I have experienced something alike with a client who was suffering from cancer with metastasis to his lungs. When speaking together he was aware that he could speak freely without feeling short of breath. However when he was invited to direct his awareness inward and downward in his body, he started to feel short of breath. In inquiring how this could be we ended up with some possible answers. He was not aware of his breath while speaking since his awareness was mainly in the upper part of his body while he was listening, thinking and talking, and when his awareness was directed towards the lower part of his body it evoked anxiety that might have caused the sensation of short of breath. We may not know for sure if it was the physical changes in the body he became aware of that caused the symptom or the anxiety or both. All that we know is that it was necessary to take care of his anxiety in the present moment to feel relieved from being short of breath.

Unconsciously and consciously we may confront or avoid our physical sensations as experienced by our awareness, and at the same time a greater awareness may be a way to relieve physical sensation.

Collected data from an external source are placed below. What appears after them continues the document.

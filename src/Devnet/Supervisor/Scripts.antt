-- ===== src/Devnet/Supervisor/Scripts.antt =====
-- The script of each validator, as a shell reads it.
use tempo_py.Prelude.{ℕ, ◌≡◌, refl, sym, ap, ◌∙◌, false, List, [], ◌∷◌, ◌++◌, none, some, ok, subst}
use tempo_py.Python.Bytes.{Str, codes}
use tempo_py.Python.Text.{join}
use tempo_py.Devnet.Config.{ValidatorConfig}
use tempo_py.Devnet.DevnetConfig.{DevnetConfig}
use tempo_py.Devnet.Backends.{
  Backend, tempo, allegro, node_args, tempo_node_args, allegro_node_args, common_node_args,
}
use tempo_py.Devnet.Shell.{newline, preamble, run_script_content}
use tempo_py.Devnet.Shell.Words.{scan, plain}
use tempo_py.Devnet.Shell.Laws.{scan-run_script_content}
use tempo_py.Devnet.Supervisor.{validator_args}

-- A script that a shell reads as `exec` with these arguments, behind its first lines.
abbrev pub Runs : Str → List Str → Type 0
Runs script args =
    (command : Str) × (script ≡ join newline (preamble [] false) ++ (newline ++ command))
    × (scan plain none command ≡ some (codes "exec" ∷ args, []))

script-Runs :
    (binary : Str) (args : List Str)
    → (script : Str) × (run_script_content (binary ∷ args) [] false ≡ ok script)
      × Runs script (binary ∷ args)
script-Runs binary args =
    let (command, e, f) = scan-run_script_content binary args [] false in (_, e, (command, refl, f))

some_args :
    (c : DevnetConfig) (path : Str) (peers : List Str) (index : ℕ) (val : ValidatorConfig)
    (backend : Backend)
    → (binary : Str) × (args : List Str) × (validator_args c path backend peers index val
        ≡ binary ∷ args)
unfolding node_args tempo_node_args allegro_node_args common_node_args
some_args c path peers index val tempo = (c.tempo_bin, _, refl)
some_args c path peers index val allegro = (c.tempo_bin, _, refl)

module _ (c : DevnetConfig) (path : Str) (backend : Backend) (peers : List Str) where
  pub validator_script :
      (index : ℕ) (val : ValidatorConfig)
      → (script : Str) × (run_script_content
            (validator_args c path backend peers index val)
            []
            false
          ≡ ok script)
        × Runs script (validator_args c path backend peers index val)
  validator_script index val =
      let (binary, args, e) = some_args c path peers index val backend in
      let (script, f, runs) = script-Runs binary args in
      (script, ap (λ as'. run_script_content as' [] false) e ∙ f, subst (Runs script) (sym e) runs)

To elaborate on this I will offer one of my own experiences. I was in a state of unusual mental silence in the way that very few thoughts and ideas were passing by. My problem-seeking mind started wondering where am I going to and why this emptiness? I was seeking an understanding and in not finding any I was a bit anxious and then my body started to ache with a quite unusual pain in my joints, like if my body was holding something back. When I was focusing on my bodily symptoms in trying to understand or get relived they remained or was even worsen. When I in some way gave up struggling and tuned into openness receptiveness and inner silence, a special relieving energy filled my body, and I was without pain. To me this demonstrates how my focus and my anxiety may worsen or even create my symptoms and if I unconsciously close down for a greater awareness I may close down for a possibility to heal. Also I have considered the option that perhaps my seemingly well-fitted body is much more “used” and achy than I want to realise and in avoiding realising this my awareness is more or less dis-embodied? I trust that the future will show what is the truth, meanwhile I will continue to practice openness and receptiveness for a greater awareness.

Through awareness training we may learn to distinguish between symptoms evoked by anxiety and symptoms evoked by physical changes and of course it may be a mixture of both since we never know for sure in the present moment, if the awareness is on its way to escape the body in order to let go of physical pain and disabilities or if anxiety entirely is the creator of the physical symptoms or both. It seems that awareness can be more or less integrated in the body when we feel anxious and sick or simply not present. And who knows where awareness goes when no longer embodied?